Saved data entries
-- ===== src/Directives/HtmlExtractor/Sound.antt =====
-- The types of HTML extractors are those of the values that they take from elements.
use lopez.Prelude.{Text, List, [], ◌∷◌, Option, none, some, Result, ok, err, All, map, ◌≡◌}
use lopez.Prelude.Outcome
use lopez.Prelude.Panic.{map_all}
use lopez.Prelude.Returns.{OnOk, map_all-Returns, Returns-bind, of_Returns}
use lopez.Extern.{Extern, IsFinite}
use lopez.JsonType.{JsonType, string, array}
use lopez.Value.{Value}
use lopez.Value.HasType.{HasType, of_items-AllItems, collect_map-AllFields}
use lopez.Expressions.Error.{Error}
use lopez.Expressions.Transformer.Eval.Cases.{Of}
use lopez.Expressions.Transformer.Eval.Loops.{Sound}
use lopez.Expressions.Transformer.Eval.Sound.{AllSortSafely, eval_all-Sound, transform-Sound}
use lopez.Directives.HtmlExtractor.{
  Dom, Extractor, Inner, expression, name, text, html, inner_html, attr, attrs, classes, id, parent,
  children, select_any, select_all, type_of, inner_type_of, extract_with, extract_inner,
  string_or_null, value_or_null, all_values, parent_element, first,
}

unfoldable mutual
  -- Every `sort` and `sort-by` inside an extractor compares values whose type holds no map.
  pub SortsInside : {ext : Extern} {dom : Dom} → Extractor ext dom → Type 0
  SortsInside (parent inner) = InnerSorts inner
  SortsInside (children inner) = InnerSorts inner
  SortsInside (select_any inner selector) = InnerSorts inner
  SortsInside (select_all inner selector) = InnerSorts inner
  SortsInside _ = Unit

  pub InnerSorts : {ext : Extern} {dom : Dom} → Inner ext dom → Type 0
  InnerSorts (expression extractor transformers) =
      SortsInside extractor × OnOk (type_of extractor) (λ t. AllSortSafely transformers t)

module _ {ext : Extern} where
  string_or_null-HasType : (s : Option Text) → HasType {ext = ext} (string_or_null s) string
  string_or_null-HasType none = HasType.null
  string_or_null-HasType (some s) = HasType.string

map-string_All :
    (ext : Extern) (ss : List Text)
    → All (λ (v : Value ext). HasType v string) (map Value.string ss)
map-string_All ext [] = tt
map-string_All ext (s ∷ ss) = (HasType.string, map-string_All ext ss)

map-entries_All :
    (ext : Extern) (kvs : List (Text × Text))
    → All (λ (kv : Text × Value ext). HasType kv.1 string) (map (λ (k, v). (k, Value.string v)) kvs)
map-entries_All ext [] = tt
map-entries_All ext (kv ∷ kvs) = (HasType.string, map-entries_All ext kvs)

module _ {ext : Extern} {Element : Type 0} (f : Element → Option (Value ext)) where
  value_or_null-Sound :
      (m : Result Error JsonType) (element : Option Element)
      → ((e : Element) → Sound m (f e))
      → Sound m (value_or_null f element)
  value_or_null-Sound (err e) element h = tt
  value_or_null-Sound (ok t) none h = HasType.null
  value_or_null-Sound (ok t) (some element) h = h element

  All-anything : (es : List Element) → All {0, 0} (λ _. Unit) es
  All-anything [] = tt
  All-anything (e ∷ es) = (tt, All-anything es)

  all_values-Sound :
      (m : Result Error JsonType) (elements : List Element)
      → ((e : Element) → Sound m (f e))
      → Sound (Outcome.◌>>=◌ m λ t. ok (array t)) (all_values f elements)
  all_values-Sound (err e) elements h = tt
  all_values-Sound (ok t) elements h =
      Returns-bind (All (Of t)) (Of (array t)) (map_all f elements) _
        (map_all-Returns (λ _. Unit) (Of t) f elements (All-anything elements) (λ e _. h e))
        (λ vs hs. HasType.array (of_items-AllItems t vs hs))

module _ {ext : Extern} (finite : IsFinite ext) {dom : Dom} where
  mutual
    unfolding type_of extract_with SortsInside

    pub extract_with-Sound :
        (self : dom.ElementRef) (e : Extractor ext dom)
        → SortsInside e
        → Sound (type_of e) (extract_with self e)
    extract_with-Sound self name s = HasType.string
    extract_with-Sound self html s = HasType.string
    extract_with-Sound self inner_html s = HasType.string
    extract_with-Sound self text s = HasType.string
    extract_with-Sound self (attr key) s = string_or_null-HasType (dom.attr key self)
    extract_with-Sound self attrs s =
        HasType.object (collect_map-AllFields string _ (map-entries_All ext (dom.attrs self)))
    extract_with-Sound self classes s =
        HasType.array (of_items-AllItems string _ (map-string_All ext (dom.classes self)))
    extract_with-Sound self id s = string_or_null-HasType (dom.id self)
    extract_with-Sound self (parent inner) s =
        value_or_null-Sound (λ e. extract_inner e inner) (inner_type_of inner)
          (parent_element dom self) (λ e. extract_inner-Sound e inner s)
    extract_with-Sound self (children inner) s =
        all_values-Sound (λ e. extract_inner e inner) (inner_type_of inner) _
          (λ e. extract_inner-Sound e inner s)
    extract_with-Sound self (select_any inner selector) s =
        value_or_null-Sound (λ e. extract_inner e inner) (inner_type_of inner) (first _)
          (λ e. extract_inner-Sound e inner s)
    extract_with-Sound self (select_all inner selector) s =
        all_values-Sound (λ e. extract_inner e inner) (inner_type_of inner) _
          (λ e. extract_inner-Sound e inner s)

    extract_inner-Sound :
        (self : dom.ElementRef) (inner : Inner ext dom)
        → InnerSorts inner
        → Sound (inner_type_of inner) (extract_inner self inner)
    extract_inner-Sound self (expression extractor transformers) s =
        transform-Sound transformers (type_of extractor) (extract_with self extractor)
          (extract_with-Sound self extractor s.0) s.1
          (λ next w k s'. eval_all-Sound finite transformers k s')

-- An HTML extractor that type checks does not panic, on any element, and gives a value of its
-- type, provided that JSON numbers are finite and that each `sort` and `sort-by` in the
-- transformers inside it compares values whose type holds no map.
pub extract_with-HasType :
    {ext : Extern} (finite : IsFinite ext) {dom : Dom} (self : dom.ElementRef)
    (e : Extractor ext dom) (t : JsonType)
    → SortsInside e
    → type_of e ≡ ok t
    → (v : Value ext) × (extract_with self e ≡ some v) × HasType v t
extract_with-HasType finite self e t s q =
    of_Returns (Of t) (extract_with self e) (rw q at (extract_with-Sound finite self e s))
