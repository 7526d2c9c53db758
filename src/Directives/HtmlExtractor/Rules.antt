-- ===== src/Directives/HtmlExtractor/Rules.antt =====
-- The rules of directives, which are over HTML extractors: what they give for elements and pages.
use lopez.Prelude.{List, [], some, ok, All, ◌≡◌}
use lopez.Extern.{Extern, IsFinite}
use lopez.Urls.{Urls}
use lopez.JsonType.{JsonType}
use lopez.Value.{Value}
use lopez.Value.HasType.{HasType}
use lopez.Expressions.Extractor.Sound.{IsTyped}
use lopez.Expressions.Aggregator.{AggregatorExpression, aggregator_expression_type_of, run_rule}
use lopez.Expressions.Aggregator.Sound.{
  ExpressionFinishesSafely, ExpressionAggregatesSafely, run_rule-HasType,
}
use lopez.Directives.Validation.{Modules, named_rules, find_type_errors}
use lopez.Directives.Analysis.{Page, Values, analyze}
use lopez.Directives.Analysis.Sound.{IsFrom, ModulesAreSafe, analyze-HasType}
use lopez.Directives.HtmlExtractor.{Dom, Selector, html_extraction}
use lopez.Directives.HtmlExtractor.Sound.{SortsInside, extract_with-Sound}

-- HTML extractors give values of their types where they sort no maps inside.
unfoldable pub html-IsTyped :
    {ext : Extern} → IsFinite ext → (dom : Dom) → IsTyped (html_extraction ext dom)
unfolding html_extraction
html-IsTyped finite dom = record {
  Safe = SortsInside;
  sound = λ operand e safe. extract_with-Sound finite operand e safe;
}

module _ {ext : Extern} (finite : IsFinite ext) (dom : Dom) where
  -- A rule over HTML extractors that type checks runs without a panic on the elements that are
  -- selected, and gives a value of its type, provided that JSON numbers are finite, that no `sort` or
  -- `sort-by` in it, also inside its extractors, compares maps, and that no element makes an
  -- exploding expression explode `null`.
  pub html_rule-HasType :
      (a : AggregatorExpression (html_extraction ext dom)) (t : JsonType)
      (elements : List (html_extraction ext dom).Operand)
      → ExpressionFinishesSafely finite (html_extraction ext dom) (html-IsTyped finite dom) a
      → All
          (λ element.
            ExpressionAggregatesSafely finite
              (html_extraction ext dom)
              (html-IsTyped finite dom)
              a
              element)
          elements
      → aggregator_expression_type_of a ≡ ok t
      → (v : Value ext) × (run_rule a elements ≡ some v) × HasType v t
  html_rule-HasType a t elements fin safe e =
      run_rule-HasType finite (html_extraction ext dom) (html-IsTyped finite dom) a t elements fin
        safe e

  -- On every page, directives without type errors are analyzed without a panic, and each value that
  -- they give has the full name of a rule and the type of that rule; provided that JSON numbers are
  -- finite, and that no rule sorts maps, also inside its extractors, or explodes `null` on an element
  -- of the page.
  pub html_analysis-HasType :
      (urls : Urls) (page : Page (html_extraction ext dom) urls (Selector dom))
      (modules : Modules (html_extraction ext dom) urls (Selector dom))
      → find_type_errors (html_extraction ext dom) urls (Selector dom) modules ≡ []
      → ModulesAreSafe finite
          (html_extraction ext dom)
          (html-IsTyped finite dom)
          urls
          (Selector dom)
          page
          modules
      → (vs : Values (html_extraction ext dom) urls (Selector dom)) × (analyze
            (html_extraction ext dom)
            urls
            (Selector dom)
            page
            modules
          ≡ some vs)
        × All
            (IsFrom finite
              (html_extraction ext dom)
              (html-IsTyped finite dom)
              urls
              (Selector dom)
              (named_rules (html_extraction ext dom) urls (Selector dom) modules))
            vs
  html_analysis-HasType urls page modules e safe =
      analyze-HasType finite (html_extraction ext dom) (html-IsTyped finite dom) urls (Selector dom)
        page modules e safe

---

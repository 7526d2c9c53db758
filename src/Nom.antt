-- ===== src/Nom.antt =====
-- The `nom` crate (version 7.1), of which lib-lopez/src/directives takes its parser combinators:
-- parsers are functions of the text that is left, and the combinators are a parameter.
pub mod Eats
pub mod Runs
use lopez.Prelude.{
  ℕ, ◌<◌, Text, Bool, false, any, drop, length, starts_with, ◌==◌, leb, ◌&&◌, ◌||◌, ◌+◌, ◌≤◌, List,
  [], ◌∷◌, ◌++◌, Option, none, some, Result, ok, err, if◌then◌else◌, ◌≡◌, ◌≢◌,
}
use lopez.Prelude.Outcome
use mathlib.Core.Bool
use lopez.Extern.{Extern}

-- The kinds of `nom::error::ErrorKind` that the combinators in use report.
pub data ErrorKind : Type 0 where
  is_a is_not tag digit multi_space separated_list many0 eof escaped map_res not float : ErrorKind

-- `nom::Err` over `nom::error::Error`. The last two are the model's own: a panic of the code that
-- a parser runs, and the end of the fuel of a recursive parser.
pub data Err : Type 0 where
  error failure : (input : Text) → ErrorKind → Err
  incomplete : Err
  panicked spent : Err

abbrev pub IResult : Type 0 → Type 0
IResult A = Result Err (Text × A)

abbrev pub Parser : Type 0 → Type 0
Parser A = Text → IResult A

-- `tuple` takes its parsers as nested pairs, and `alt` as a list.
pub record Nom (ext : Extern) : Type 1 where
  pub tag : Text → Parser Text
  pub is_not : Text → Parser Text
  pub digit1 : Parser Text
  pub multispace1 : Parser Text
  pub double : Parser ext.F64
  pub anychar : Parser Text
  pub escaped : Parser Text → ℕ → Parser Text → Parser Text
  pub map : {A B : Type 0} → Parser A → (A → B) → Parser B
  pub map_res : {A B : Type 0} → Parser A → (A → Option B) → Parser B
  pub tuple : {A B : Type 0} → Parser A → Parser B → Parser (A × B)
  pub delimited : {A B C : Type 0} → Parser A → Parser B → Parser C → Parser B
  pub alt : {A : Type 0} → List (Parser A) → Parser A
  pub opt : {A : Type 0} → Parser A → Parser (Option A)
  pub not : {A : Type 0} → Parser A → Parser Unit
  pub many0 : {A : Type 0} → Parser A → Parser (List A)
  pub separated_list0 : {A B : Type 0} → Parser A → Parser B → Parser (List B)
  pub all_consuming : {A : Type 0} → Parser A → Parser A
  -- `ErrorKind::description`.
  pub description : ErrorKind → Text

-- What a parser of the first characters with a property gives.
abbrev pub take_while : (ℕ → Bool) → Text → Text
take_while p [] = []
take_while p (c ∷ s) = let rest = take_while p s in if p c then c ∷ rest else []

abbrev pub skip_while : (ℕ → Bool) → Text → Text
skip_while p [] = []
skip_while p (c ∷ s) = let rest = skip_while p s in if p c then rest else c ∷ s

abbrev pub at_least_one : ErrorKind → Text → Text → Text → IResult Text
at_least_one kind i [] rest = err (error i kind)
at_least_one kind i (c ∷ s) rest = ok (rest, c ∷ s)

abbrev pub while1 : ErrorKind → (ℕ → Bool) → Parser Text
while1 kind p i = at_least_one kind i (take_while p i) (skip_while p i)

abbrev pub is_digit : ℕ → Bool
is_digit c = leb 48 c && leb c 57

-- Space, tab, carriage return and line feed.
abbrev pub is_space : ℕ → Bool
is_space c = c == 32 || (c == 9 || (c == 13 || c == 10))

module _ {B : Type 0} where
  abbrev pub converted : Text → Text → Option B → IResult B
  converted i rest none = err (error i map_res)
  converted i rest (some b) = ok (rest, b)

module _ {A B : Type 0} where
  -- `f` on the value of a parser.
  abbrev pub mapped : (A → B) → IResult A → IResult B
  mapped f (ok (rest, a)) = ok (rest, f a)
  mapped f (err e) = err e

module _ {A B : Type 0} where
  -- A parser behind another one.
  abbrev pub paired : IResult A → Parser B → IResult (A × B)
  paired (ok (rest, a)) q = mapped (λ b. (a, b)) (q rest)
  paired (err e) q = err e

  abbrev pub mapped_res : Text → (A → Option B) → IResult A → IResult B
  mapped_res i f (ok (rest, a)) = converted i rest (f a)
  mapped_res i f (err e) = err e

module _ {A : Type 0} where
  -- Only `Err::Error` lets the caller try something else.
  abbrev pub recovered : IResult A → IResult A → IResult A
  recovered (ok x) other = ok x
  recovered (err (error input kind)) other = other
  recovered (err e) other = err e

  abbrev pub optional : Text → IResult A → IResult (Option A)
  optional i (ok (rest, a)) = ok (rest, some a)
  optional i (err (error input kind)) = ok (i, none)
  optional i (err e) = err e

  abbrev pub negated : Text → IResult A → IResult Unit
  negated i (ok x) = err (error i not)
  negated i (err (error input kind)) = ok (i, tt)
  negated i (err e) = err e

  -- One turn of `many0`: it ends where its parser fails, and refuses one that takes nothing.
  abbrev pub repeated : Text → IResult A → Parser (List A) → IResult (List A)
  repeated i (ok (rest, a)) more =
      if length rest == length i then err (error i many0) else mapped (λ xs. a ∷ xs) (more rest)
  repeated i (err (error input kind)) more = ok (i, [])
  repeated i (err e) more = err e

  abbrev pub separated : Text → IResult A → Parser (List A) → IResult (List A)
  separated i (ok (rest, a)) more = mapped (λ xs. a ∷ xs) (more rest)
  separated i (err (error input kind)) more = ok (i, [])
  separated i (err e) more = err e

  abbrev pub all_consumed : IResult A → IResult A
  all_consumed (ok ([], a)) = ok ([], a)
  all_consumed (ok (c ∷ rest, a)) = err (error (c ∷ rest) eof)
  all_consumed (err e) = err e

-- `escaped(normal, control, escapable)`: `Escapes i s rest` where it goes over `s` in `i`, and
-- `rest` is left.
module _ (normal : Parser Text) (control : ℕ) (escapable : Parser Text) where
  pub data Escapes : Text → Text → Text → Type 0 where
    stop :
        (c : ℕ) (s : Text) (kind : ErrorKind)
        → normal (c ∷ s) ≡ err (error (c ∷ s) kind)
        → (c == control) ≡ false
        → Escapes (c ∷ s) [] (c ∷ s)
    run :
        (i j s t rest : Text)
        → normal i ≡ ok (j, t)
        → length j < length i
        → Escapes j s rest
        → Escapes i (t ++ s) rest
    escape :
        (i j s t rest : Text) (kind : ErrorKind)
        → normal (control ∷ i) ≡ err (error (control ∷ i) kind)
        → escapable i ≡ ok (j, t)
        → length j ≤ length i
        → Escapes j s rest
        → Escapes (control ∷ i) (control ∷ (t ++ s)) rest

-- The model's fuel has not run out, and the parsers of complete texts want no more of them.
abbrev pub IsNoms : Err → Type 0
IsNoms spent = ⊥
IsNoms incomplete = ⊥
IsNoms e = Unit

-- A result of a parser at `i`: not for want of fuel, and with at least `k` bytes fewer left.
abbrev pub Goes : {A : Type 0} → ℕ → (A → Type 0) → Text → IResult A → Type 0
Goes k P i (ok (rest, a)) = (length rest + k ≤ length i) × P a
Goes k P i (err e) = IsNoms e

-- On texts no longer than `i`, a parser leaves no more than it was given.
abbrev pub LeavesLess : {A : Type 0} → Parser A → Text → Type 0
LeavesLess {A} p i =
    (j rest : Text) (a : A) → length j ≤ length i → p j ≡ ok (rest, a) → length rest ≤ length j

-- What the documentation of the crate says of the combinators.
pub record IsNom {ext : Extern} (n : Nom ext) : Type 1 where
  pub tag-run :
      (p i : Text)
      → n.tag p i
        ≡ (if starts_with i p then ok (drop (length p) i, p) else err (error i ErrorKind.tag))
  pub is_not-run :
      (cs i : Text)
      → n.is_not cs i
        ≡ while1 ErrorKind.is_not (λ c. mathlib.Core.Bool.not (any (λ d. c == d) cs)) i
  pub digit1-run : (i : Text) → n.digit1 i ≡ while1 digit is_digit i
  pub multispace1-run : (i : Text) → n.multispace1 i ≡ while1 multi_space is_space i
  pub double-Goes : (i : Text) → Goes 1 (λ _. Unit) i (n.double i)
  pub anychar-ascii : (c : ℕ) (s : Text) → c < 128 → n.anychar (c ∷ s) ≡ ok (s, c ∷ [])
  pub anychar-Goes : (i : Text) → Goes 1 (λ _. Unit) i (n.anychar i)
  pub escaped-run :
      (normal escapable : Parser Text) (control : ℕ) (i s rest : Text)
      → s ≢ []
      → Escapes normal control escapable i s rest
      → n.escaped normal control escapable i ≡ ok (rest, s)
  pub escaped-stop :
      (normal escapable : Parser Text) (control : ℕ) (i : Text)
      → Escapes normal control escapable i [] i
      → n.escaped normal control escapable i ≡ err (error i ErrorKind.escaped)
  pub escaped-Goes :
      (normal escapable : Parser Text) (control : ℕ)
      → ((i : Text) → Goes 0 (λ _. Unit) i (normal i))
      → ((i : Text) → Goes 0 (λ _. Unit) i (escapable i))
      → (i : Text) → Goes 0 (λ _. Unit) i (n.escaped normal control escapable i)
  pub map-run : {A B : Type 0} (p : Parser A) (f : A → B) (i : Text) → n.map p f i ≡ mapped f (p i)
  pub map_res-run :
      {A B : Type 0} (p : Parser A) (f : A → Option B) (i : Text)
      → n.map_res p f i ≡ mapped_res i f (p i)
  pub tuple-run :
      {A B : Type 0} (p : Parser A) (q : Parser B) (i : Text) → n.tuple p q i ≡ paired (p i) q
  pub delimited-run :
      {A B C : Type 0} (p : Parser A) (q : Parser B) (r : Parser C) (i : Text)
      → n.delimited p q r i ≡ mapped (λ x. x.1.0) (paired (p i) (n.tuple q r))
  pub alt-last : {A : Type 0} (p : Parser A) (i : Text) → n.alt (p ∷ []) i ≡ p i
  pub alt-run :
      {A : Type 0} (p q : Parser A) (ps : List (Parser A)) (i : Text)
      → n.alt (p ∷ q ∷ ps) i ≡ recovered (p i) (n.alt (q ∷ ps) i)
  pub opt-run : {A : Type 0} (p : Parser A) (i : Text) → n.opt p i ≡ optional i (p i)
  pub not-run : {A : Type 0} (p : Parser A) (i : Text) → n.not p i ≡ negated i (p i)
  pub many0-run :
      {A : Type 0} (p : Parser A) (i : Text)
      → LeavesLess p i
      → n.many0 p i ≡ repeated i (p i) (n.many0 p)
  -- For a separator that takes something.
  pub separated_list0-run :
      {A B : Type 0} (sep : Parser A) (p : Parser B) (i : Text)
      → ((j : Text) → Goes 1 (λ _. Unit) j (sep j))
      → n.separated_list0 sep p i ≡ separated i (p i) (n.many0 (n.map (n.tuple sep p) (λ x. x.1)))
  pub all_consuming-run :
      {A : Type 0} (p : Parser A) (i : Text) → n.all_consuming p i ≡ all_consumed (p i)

» Task description
If a line in the records includes the string "optional", copy it.

» Reply
  abbrev pub optional : Text → IResult A → IResult (Option A)
  optional i (ok (rest, a)) = ok (rest, some a)
  optional i (err (error input kind)) = ok (i, none)
  optional i (err e) = err e
  pub opt-run : {A : Type 0} (p : Parser A) (i : Text) → n.opt p i ≡ optional i (p i)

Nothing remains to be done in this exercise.